Colonialism, racism, oppression, the dehumanisation of people, and
the use of force and violence against the oppressed presented Fanon with
the same kind of difficult choices a young Nelson Mandela had to make.
In The Wretched of the Earth Fanon defends the use of
violence by the colonised and the oppressed in their struggle for
freedom, arguing that the sub-human status imposed on them and the
violence perpetrated against them by their oppressors and colonisers
justifies it.
Mandela also reached a stage where he questioned the continued use of
non-violent methods “against a government whose only reply is savage
attacks on an unarmed and defenceless people”, signalling the start of
the ANC’s armed struggle.
Oppression
The dangers and oppression, however, do not end with liberation.

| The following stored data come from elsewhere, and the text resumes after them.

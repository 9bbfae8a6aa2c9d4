-- ===== src/Common/Ascending.antt =====
-- The list lo, lo + 1, … of n numbers, taken apart at either end.
use mathlib.Core.List.{List, [], ◌∷◌, ◌++◌}
use mathlib.Core.Path.{◌≡◌, refl, ap, sym, ◌∙◌}
use native.Mathlib.Omega.{arith}
use native.Mathlib.Nat.{add-zero}
use Prim.Native.Nat.{ℕ, zero, suc, ◌+◌, ◌-◌, ◌<◌}
use arity_arrays.Common.Lists.{length}

module _ {ℓ} {A : Type ℓ} where
  pub cons_inj : {x y : A} {xs ys : List A} → x ∷ xs ≡ y ∷ ys → (x ≡ y) × (xs ≡ ys)
  cons_inj e = (cc, cc)

  pub snoc-ne-nil : (x : A) (xs : List A) → xs ++ x ∷ [] ≡ [] → ⊥
  snoc-ne-nil x [] e = cc
  snoc-ne-nil x (y ∷ xs) e = cc

  pub snoc_inj : (x y : A) (xs ys : List A) → xs ++ x ∷ [] ≡ ys ++ y ∷ [] → (x ≡ y) × (xs ≡ ys)
  snoc_inj x y [] [] e = (cc, refl)
  snoc_inj x y [] (b ∷ ys) e = absurd (snoc-ne-nil y ys (sym (cons_inj e).1))
  snoc_inj x y (a ∷ xs) [] e = absurd (snoc-ne-nil x xs (cons_inj e).1)
  snoc_inj x y (a ∷ xs) (b ∷ ys) e =
      let (head, tail) = cons_inj e in let (last, rest) = snoc_inj x y xs ys tail in (last, cc)

abbrev pub ascending : ℕ → ℕ → List ℕ
ascending lo zero = []
ascending lo (suc n) = lo ∷ ascending (suc lo) n

pub ascending_eq : {lo lo' n n' : ℕ} → lo ≡ lo' → n ≡ n' → ascending lo n ≡ ascending lo' n'
ascending_eq p q i = ascending (p i) (q i)

pub ascending-snoc : (lo n : ℕ) → ascending lo (suc n) ≡ ascending lo n ++ (lo + n) ∷ []
ascending-snoc lo zero = ap (λ (t : ℕ). t ∷ []) (sym (add-zero lo))
ascending-snoc lo (suc n) =
    ap (◌∷◌ lo)
      (ascending-snoc (suc lo) n ∙ ap (λ (t : ℕ). ascending (suc lo) n ++ t ∷ []) (omega arith))

pub length-ascending : (lo n : ℕ) → length (ascending lo n) ≡ n
length-ascending lo zero = refl
length-ascending lo (suc n) = ap suc (length-ascending (suc lo) n)

pub ascending-nil_inv : (lo n : ℕ) → ascending lo n ≡ [] → n ≡ 0
ascending-nil_inv lo zero e = refl
ascending-nil_inv lo (suc n) e = cc

pub ascending-cons_inv :
    (lo n x : ℕ) (xs : List ℕ)
    → ascending lo n ≡ x ∷ xs
    → (0 < n) × (x ≡ lo) × (ascending (suc lo) (n - 1) ≡ xs)
ascending-cons_inv lo zero x xs e = cc
ascending-cons_inv lo (suc n) x xs e =
    let (head, tail) = cons_inj e in
    let less : suc n - 1 ≡ n = omega arith in (omega arith, sym head, rw less tail)

pub ascending-snoc_inv :
    (lo n x : ℕ) (xs : List ℕ)
    → ascending lo n ≡ xs ++ x ∷ []
    → (0 < n) × (x ≡ lo + (n - 1)) × (ascending lo (n - 1) ≡ xs)
ascending-snoc_inv lo zero x xs e = absurd (snoc-ne-nil x xs (sym e))
ascending-snoc_inv lo (suc n) x xs e =
    let (last, rest) = snoc_inj (lo + n) x (ascending lo n) xs (sym (ascending-snoc lo n) ∙ e) in
    let less : suc n - 1 ≡ n = omega arith in (omega arith, rw less (sym last), rw less rest)
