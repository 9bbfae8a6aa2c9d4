-- ===== src/Bits.antt =====
-- A number as its binary digits: `bit x i` is digit i. The laws relate the machine operations of
-- the source (`&`, `|`, `!`, `<<`, `>>`, `wrapping_sub`) to the digits, at every width.
mod Step
pub mod Logic
pub mod Words
use arity_arrays.Common.{ℕ, zero, suc, ◌/◌, ◌%◌, ◌==◌, Bool}

abbrev pub bit : ℕ → ℕ → Bool
bit x zero = x % 2 == 1
bit x (suc i) = bit (x / 2) i
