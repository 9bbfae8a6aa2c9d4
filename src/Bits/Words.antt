-- ===== src/Bits/Words.antt =====
-- Rust's unsigned integers of width w, as numbers below 2 ^ w: the operations of `core` that the
-- bitmaps call. The width is the first argument of each.
pub mod Laws
use arity_arrays.Common.{ℕ, zero, suc, ◌+◌, ◌-◌, ◌*◌, ◌/◌, ◌%◌, ◌^◌, ◌==◌, if◌then◌else◌}
use arity_arrays.Bits.{bit}

abbrev pub complement : ℕ → ℕ → ℕ
complement w x = 2 ^ w - 1 - x

abbrev pub shl : ℕ → ℕ → ℕ → ℕ
shl w x k = x * 2 ^ k % 2 ^ w

abbrev pub shr : ℕ → ℕ → ℕ
shr x k = x / 2 ^ k

abbrev pub wrapping_sub : ℕ → ℕ → ℕ → ℕ
wrapping_sub w x y = (x + 2 ^ w - y) % 2 ^ w

unfoldable pub count_ones : ℕ → ℕ → ℕ
count_ones zero x = 0
count_ones (suc w) x = x % 2 + count_ones w (x / 2)

-- w for 0.
unfoldable pub trailing_zeros : ℕ → ℕ → ℕ
trailing_zeros zero x = 0
trailing_zeros (suc w) x = if x % 2 == 1 then 0 else suc (trailing_zeros w (x / 2))

-- w for 0.
unfoldable pub leading_zeros : ℕ → ℕ → ℕ
leading_zeros zero x = 0
leading_zeros (suc w) x = if bit x w then 0 else suc (leading_zeros w x)

-- Panics at 0 in the source; its callers test for that.
abbrev pub ilog2 : ℕ → ℕ → ℕ
ilog2 w x = w - 1 - leading_zeros w x
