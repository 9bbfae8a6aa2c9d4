-- ===== src/Bitmap/Native.antt =====
-- crates/arity-bitmap/src/native.rs: `impl_native_bitmap!`, for every width w. A value of the
-- integer type of width w is a number below 2 ^ w, and an index is a number below w.
pub mod Digits
pub mod Select
pub mod Holes
pub mod Bytes
use arity_arrays.Common.{
  ℕ, zero, suc, ◌+◌, ◌-◌, ◌*◌, ◌/◌, ◌%◌, ◌≤◌, bit_and, bit_or, Bool, not, Option, none, some,
  debug_assert, ◌&&◌, List, [], ◌∷◌, ◌==◌, leb, ltb, if◌then◌else◌,
}
use arity_arrays.Bits.Words.{
  complement, shl, shr, wrapping_sub, ilog2, count_ones as word_count_ones, trailing_zeros,
  leading_zeros,
}

module _ (w : ℕ) where
  -- `Raw`
  unfoldable pub raw_is_zero : ℕ → Bool
  raw_is_zero x = x == 0

  unfoldable pub raw_popcount : ℕ → ℕ
  unfolding word_count_ones
  raw_popcount x = word_count_ones w x

  unfoldable pub raw_lowest_pos : ℕ → ℕ
  unfolding trailing_zeros
  raw_lowest_pos x = trailing_zeros w x

  unfoldable pub raw_highest_pos : ℕ → ℕ
  unfolding leading_zeros
  raw_highest_pos x = ilog2 w x

  unfoldable pub raw_clear_lowest : ℕ → ℕ
  raw_clear_lowest x = bit_and x (wrapping_sub w x 1)

  unfoldable pub raw_clear_highest : ℕ → ℕ
  unfolding leading_zeros
  raw_clear_highest x = if x == 0 then 0 else bit_and x (complement w (shl w 1 (ilog2 w x)))

  -- The `loop` of `raw_select`. `none` means that the fuel ran out.
  unfoldable pub select_loop : ℕ → ℕ → ℕ → ℕ → ℕ → Option ℕ
  unfolding word_count_ones
  select_loop zero n x pos size = none
  select_loop (suc fuel) n x pos size =
      let lo_mask = wrapping_sub w (shl w 1 size) 1 in
      let lo_count = word_count_ones w (bit_and x lo_mask) in
      let n' = if leb lo_count n then n - lo_count else n in
      let x' = if leb lo_count n then shr x size else x in
      let pos' = if leb lo_count n then pos + size else pos in
      let rest = select_loop fuel n' x' pos' (size / 2) in if size == 1 then some pos' else rest

  -- The loop halves its size from w / 2 to 1, so w rounds are enough.
  unfoldable pub raw_select : ℕ → ℕ → Option ℕ
  unfolding select_loop raw_popcount
  raw_select x n = if leb (raw_popcount x) n then none else select_loop w n x 0 (w / 2)

  -- The mask of the bits below k, all ones from the width on.
  abbrev pub low_bits : ℕ → ℕ
  low_bits k = if leb w k then complement w 0 else wrapping_sub w (shl w 1 k) 1

  unfoldable pub nearest_hole_below : ℕ → ℕ → Option ℕ
  unfolding leading_zeros
  nearest_hole_below x from =
      let holes = bit_and (complement w x) (low_bits (from + 1)) in
      if holes == 0 then none else some (ilog2 w holes)

  -- `none` outside is the failed `debug_assert!`, here and below.
  unfoldable pub raw_nearest_clear_at_or_below : ℕ → ℕ → Option (Option ℕ)
  unfolding nearest_hole_below
  raw_nearest_clear_at_or_below x from =
      debug_assert (ltb from w) (some (nearest_hole_below x from))

  unfoldable pub nearest_hole_in : ℕ → ℕ → ℕ → Option ℕ
  unfolding trailing_zeros
  nearest_hole_in x from limit =
      let holes =
        bit_and (bit_and (complement w x) (low_bits limit)) (complement w (low_bits from)) in
      if holes == 0 then none else some (trailing_zeros w holes)

  unfoldable pub raw_nearest_clear_in : ℕ → ℕ → ℕ → Option (Option ℕ)
  unfolding nearest_hole_in
  raw_nearest_clear_in x from limit =
      debug_assert (leb from limit && leb limit w) (some (nearest_hole_in x from limit))

  -- `Bitmap`
  unfoldable pub is_zero : ℕ → Bool
  is_zero x = x == 0

  unfoldable pub count_ones : ℕ → ℕ
  unfolding word_count_ones
  count_ones x = word_count_ones w x

  unfoldable pub test : ℕ → ℕ → Bool
  test x i = not (bit_and x (shl w 1 i) == 0)

  unfoldable pub with_bit : ℕ → ℕ → ℕ
  with_bit x i = bit_or x (shl w 1 i)

  unfoldable pub rank : ℕ → ℕ → ℕ
  unfolding word_count_ones
  rank x i = let below = shl w 1 i - 1 in word_count_ones w (bit_and x below)

  unfoldable pub without_bit : ℕ → ℕ → ℕ
  without_bit x i = bit_and x (complement w (shl w 1 i))

-- `to_le_bytes`, with the number of bytes.
unfoldable pub to_le_bytes : ℕ → ℕ → List ℕ
to_le_bytes zero x = []
to_le_bytes (suc n) x = (x % 256) ∷ to_le_bytes n (x / 256)

-- `from_le_bytes`
unfoldable pub from_le_bytes : List ℕ → ℕ
from_le_bytes [] = 0
from_le_bytes (b ∷ bs) = b + 256 * from_le_bytes bs

unfoldable pub to_bytes : ℕ → ℕ → List ℕ
unfolding to_le_bytes
to_bytes w x = to_le_bytes (w / 8) x

unfoldable pub from_bytes : List ℕ → ℕ
unfolding from_le_bytes
from_bytes bs = from_le_bytes bs
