-- ===== src/Niche.antt =====
-- crates/arity-index/src/niche.rs: the index types `U3` to `U7` of `niche_int!`, and `u8`. An index
-- of a type with `count` values is the number that `as_u8` and `as_usize` return.
pub mod Laws
pub mod Range
use arity_arrays.Common.{
  ℕ, ◌-◌, ◌<◌, bit_and, Bool, true, false, Option, none, some, List, [], ◌∷◌, ltb, leb,
  if◌then◌else◌,
}

-- `TryFrom<u8>` and its error.
pub data TryFromResult : Type 0 where
  ok : ℕ → TryFromResult
  try_from_int_error : TryFromResult

module _ (count : ℕ) where
  -- The generated `match` has an arm for each value below `count`.
  unfoldable pub try_new : ℕ → Option ℕ
  try_new v = if ltb v count then some v else none

  -- `none` is undefined behaviour: the unreachable arm.
  unfoldable pub new_unchecked : ℕ → Option ℕ
  unfolding try_new
  new_unchecked v = elim (try_new v) [ some x ↦ some x | none ↦ none ]

  unfoldable pub new_masked : ℕ → Option ℕ
  unfolding new_unchecked
  new_masked v = new_unchecked (bit_and v (count - 1))

  -- `MAX`
  unfoldable pub max_value : Option ℕ
  unfolding new_unchecked
  max_value = new_unchecked (count - 1)

  unfoldable pub bytes_in_range : List ℕ → Bool
  bytes_in_range [] = true
  bytes_in_range (b ∷ bs) = if leb count b then false else bytes_in_range bs

  -- The bytes are reinterpreted in place: the slice is the same numbers.
  unfoldable pub try_from_slice : List ℕ → Option (List ℕ)
  unfolding bytes_in_range
  try_from_slice slice = if bytes_in_range slice then some slice else none

  -- `none` is the failed `debug_assert!`, and undefined behaviour in release builds.
  unfoldable pub from_slice_unchecked : List ℕ → Option (List ℕ)
  unfolding bytes_in_range
  from_slice_unchecked slice = if bytes_in_range slice then some slice else none

  -- `u8::try_from(i)` fails from 256 on.
  unfoldable pub try_from_usize : ℕ → Option ℕ
  unfolding try_new
  try_from_usize i = if leb i 255 then try_new i else none

  unfoldable pub try_from : ℕ → TryFromResult
  unfolding try_new
  try_from v = elim (try_new v) [ some x ↦ ok x | none ↦ try_from_int_error ]

unfoldable pub as_u8_slice : List ℕ → List ℕ
as_u8_slice slice = slice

In the liberated South Africa of today Fanon is a major
inspiration for poor people with movements such as the shack-dwellers
organisation Abahlali base Mjondolo embracing his ideas. Ayanda Kota,
chairperson of the Unemployed People’s Movement in Grahamstown, has
written a scathing critique of the rise, role and objectives of ANC
Youth League leader Julius Malema and his “nationalisation” demands,
guided by the principles and thoughts of Fanon.
“We must never forget that the tenderpreneurs plundering our
resources while unemployment is hovering around 40%, with the majority
being young people, are an elite ... Fanon is clear that if national
consciousness does not turn into social consciousness then a predatory
elite can capture the state and enrich themselves in the name of the
nation,” Kota writes.
His alleged possible motives aside, it was Malema who pointed out
that massive poverty remains and that political liberation needs to be
complemented by economic liberation, an ideai with which many other
leaders have concurred – both before and after Malema.
But it is the exploitation of this issue, of which Malema is accused,
to which Fanon alludes in his writings, warning those liberated from
their oppression of the dangers they face during decolonisation and the
transition to a neo-colonial and globalised world.
Fifty years after his death, the dangers remain. “After
half-a-century, the toll of independence in the African and Arab worlds
has not been mitigated; whether on the social, economic or political
plane, the failure is total. The gaining of independence has not
liberated the people from the misery, injustice or neglect they suffered
under colonial domination,” Fanon’s daughter Mireille Fanon
Mendès-France wrote on the occasion of the 50th commemoration of his death.
“In Africa, in Europe, Asia, the Middle East and America, Fanon
appears more current than ever. He makes sense to everyone who fights
for freedom and human rights, because emancipation is always the first
objective of a generation reaching political maturity. Many men and
women have learnt that the fight for liberty, democracy and human rights
is led against local despots and also against the tenets of the
neocolonial order which they protect. They are used to pillage resources
and then ejected when they are no longer useful,” writes his daughter.
Good reason for Africa to jealously guard its hard-won freedoms.